Work item ▸ Give back an exact copy of the lines in the records below, from the line that has "abbrev pub disconnect_old" through the line that has "cab_id d ∷ [])", and nothing besides.

Records from a collection
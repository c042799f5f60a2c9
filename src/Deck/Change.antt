-- ===== src/Deck/Change.antt =====
-- What a call of `change_player_cabins` of src/server/Shipdeck.cpp can come to.
use pirate_servers.Base.{◌≡◌, Bool-cases, inl, inr, true, false, List, [], ◌∷◌}
use pirate_servers.Base.Map.{contains, index-touch}
use pirate_servers.Defines.{ClientId, CabinId, no_client}
use pirate_servers.Deck.{Deck, Sent, to_cabins, client_at, touch_client}
use pirate_servers.Deck.Move.{change_player_cabins, leave_cabin}
use pirate_servers.Deck.Count.Moves.{client_map-leave_cabin}
use pirate_servers.Deck.Delivery.{
  arrive, change_player_cabins_registered, crew_name_to_id-leave_cabin, crew_name_to_id-arrive,
}

abbrev pub disconnect_old : ClientId → Deck → Sent
disconnect_old crew_id d =
    to_cabins
      ((client_at crew_id d).curr_cabin ∷ "DISCONNECT" ∷ (client_at crew_id d).c_username ∷ [])

abbrev pub join_new : ClientId → CabinId → Deck → Sent
join_new crew_id cab_id d = to_cabins (cab_id ∷ "JOIN" ∷ (client_at crew_id d).c_username ∷ [])

abbrev pub left : ClientId → Deck → Deck
left crew_id d = leave_cabin (client_at crew_id d).curr_cabin (touch_client crew_id d)

-- What a call can come to.
pub data Change (crew_id : ClientId) (cab_id : CabinId) (d : Deck) (r : Deck × List Sent)
    : Type 0 where
  refused :
      (client_at crew_id d).c_online ≡ true
      → r ≡ (touch_client crew_id d, [])
      → Change crew_id cab_id d r
  moved :
      (client_at crew_id d).c_online ≡ true
      → r ≡ (arrive crew_id cab_id d, disconnect_old crew_id d ∷ join_new crew_id cab_id d ∷ [])
      → Change crew_id cab_id d r
  sent_away :
      (client_at crew_id d).c_online ≡ false
      → r ≡ (left crew_id d, disconnect_old crew_id d ∷ [])
      → Change crew_id cab_id d r

pub change_player_cabins-Change :
    (crew_id : ClientId) (cab_id : CabinId) (d : Deck)
    → Change crew_id cab_id d (change_player_cabins crew_id cab_id d)
unfolding change_player_cabins
change_player_cabins-Change crew_id cab_id d = elim (Bool-cases (client_at crew_id d).c_online) [
  | inl online ↦ elim (Bool-cases (contains cab_id d.cabin_id_to_info)) [
    | inl registered ↦
        moved online (change_player_cabins_registered crew_id cab_id d online registered)
    | inr missing ↦ refused online (rw (online, missing))
  ]
  | inr offline ↦ sent_away offline (rw offline)
]

pub client_at-left :
    (crew_id k : ClientId) (d : Deck) → client_at k (left crew_id d) ≡ client_at k d
client_at-left crew_id k d =
    rw (client_map-leave_cabin (client_at crew_id d).curr_cabin (touch_client crew_id d))
      (index-touch crew_id k no_client d.client_map)

module _ (crew_id : ClientId) (cab_id : CabinId) (d : Deck) where
  pub same_names :
      (r : Deck × List Sent) → Change crew_id cab_id d r → r.0.crew_name_to_id ≡ d.crew_name_to_id
  same_names r (refused online e) = rw e
  same_names r (moved online e) = rw e (crew_name_to_id-arrive crew_id cab_id d)
  same_names r (sent_away offline e) = rw e (crew_name_to_id-leave_cabin _ (touch_client crew_id d))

Exercise result ▸
abbrev pub disconnect_old : ClientId → Deck → Sent
disconnect_old crew_id d =
    to_cabins
      ((client_at crew_id d).curr_cabin ∷ "DISCONNECT" ∷ (client_at crew_id d).c_username ∷ [])

abbrev pub join_new : ClientId → CabinId → Deck → Sent
join_new crew_id cab_id d = to_cabins (cab_id ∷ "JOIN" ∷ (client_at crew_id d).c_username ∷ [])

abbrev pub left : ClientId → Deck → Deck
left crew_id d = leave_cabin (client_at crew_id d).curr_cabin (touch_client crew_id d)

-- What a call can come to.
pub data Change (crew_id : ClientId) (cab_id : CabinId) (d : Deck) (r : Deck × List Sent)
    : Type 0 where
  refused :
      (client_at crew_id d).c_online ≡ true
      → r ≡ (touch_client crew_id d, [])
      → Change crew_id cab_id d r
  moved :
      (client_at crew_id d).c_online ≡ true
      → r ≡ (arrive crew_id cab_id d, disconnect_old crew_id d ∷ join_new crew_id cab_id d ∷ [])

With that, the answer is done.